- _ABOUT THIS EXERCISE_:
Among the records below, how many lines contain the word "ActivationUpdate"? The answer is a single number.

[Start of Attachment]

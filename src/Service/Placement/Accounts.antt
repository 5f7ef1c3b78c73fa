-- ===== src/Service/Placement/Accounts.antt =====
-- service.py: `_place_with_fleet` and `_gave_up_reason`; fleet.py: what a `FleetPlacement` reports.
-- The signing and the knock of the members (Fleet.Place has them) are a parameter here, as are
-- their cancels and the registration clock.
pub mod Again
mod Tests
use polymarket_event_quant.Base.{
  ℕ, ◌+◌, String, Bool, true, false, not, ◌&&◌, Option, none, some, List, [], ◌∷◌, ◌++◌, map, all,
  is_some, is_none, ltb, ◌==◌, str_eq, Result, ok, err, if◌then◌else◌,
}
use polymarket_event_quant.Base.Concat
use polymarket_event_quant.Base.Decimal.{Decimal}
use polymarket_event_quant.Models.{Market, PlacementResult}
use polymarket_event_quant.Database.{MarketState}
use polymarket_event_quant.Exchange.{Exc}
use polymarket_event_quant.Exchange.Client.{CancelReply}
use polymarket_event_quant.Exchange.Knock.{Preview, preview_plan, preview_give_up_ms}
use polymarket_event_quant.Fleet.{
  MemberPlacement, FleetPlacement, Clock, gather, retryable, attempts, no_result,
}
use polymarket_event_quant.Service.{Settings, RetryState, ActivationUpdate}
use polymarket_event_quant.Service.Monad.{Action, ◌>>=◌, ◌>>◌, request}
use polymarket_event_quant.Service.Placement.Steps.{
  Desk, pop_retry, mark, note, skip_market, keep_trying, add_orders,
}

-- what the watch on the market's record saw
pub record Seen : Type 0 where
  pub seen_ms : Option ℕ
  pub anchor_ms : ℕ

abbrev pub is_seen : Seen → Bool
is_seen s = elim s.seen_ms [ none ↦ false | some ms ↦ not (ms == 0) ]

abbrev pub knocked_out : String
knocked_out = "no acceptance within 240 s of knocking"

-- which budget ran out, in milliseconds
abbrev pub gave_up_reason : Option Seen → ℕ → String
gave_up_reason none knock_until_ms = knocked_out
gave_up_reason (some s) knock_until_ms =
    if is_seen s && ltb (s.anchor_ms + preview_give_up_ms) knock_until_ms
    then "no acceptance within 60 s of the record turning active"
    else knocked_out

-- the first text that is there and not empty
abbrev pub truthy : Option String → List String
truthy none = []
truthy (some t) = if str_eq t "" then [] else t ∷ []

abbrev pub first_text : List String → List String → List String
first_text [] later = later
first_text (t ∷ ts) later = t ∷ []

abbrev pub result_error : MemberPlacement → Option String
result_error p = elim p.result [ none ↦ none | some r ↦ r.error ]

abbrev pub error_part : MemberPlacement → List String
error_part p =
    map (λ e. Concat.◌++◌ p.member (Concat.◌++◌ ": " e))
      (first_text (truthy p.error) (truthy (result_error p)))

unfoldable pub error_parts : List MemberPlacement → List String
error_parts [] = []
error_parts (p ∷ ps) = error_part p ++ error_parts ps

-- `"; ".join(parts) or ...`
unfoldable pub join_parts : List String → String
join_parts [] = "no member registered an order"
join_parts (p ∷ []) = p
join_parts (p ∷ q ∷ ps) = Concat.◌++◌ p (Concat.◌++◌ "; " (join_parts (q ∷ ps)))

-- `FleetPlacement.error`
abbrev pub fleet_error : FleetPlacement → Option String
fleet_error f = if is_some f.kept then none else some (join_parts (error_parts f.placements))

-- `FleetPlacement.gave_up`
abbrev pub gave_up_cleanly : MemberPlacement → Bool
gave_up_cleanly p = elim p.result [ none ↦ false | some r ↦ r.gave_up && no_result p ]

abbrev pub gave_up : FleetPlacement → Bool
gave_up f = is_none f.kept && all gave_up_cleanly f.placements

-- the fleet: the price, the time to stop knocking and the watch go in, and the members' placements
-- come out with what the watch saw, by the calls made before
pub record FleetDesk : Type 0 where
  pub place_members :
      ℕ → Market → Decimal → ℕ → Option Preview → Result Exc (List MemberPlacement × Option Seen)
  pub cancel : ℕ → String → List String → Result Exc (Option CancelReply)
  pub clocks : ℕ → List Clock
  pub keep_best : Bool
  pub knock_on_preview : Bool

abbrev pub gathered :
    FleetDesk
    → ℕ
    → Result Exc (List MemberPlacement × Option Seen)
    → Result Exc (FleetPlacement × Option Seen)
gathered fleet call (err e) = err e
gathered fleet call (ok (ps, seen)) =
    ok (gather (fleet.cancel call) fleet.keep_best (fleet.clocks call) ps, seen)

abbrev pub watch : FleetDesk → Market → Option Preview
watch fleet market = if fleet.knock_on_preview then some (preview_plan market) else none

abbrev pub fleet_result : FleetPlacement → PlacementResult
fleet_result f = record {
  orders = [];
  error = fleet_error f;
  retryable = retryable f;
  attempts = attempts f;
  expected = 2;
  registered_ts_ms = none;
  held_back = 0;
  gave_up = false;
}

module _ (fleet : FleetDesk) (desk : Desk) (settings : Settings) (now : ℕ) (market : Market)
    (retry : Option RetryState) (knock_until_ms started_ms : ℕ)
    (source : Option ActivationUpdate) where
  abbrev pub fail_placement : Option String → Action (Unit {0})
  fail_placement error =
      pop_retry market.slug
      >> mark desk settings now market MarketState.error error
      >> note desk settings now "ERROR" "placement_failed" market

  abbrev pub after_none_kept : FleetPlacement → Option Seen → ℕ → Action (Unit {0})
  after_none_kept f seen finished_ms =
      if gave_up f
      then skip_market desk settings now market (gave_up_reason seen knock_until_ms)
      else if retryable f
      then keep_trying desk settings now market (fleet_result f) retry started_ms finished_ms source
      else fail_placement (fleet_error f)

  abbrev pub finish_fleet : FleetPlacement → Option Seen → ℕ → Action (Unit {0})
  finish_fleet f seen finished_ms =
      if is_some f.kept
      then pop_retry market.slug
        >> mark desk settings now market MarketState.active none
        >> note desk settings now "INFO" "dual_orders_placed" market
      else after_none_kept f seen finished_ms

  -- the orders of every member are recorded before anything else
  abbrev pub after_fleet : Result Exc (FleetPlacement × Option Seen) → Action (Unit {0})
  after_fleet (err e) = fail_placement (some e)
  after_fleet (ok (f, seen)) = λ b.
      let finished_ms = desk.clock_ms b.calls in
      (add_orders desk settings now market f.settled.orders >> finish_fleet f seen finished_ms) b

unfoldable pub place_with_fleet :
    FleetDesk
    → Desk
    → Settings
    → ℕ
    → Market
    → Option RetryState
    → ℕ
    → Option ActivationUpdate
    → Action (Unit {0})
place_with_fleet fleet desk settings now market retry knock_until_ms source b =
    let started_ms = desk.clock_ms b.calls in
    (request (λ call. gathered fleet call (
          fleet.place_members call market settings.plan.buy_price knock_until_ms
            (watch fleet market)))
        >>= after_fleet fleet desk settings now market retry knock_until_ms started_ms source)
      b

[End of Attachment]

- _EXERCISE SOLUTION_:
3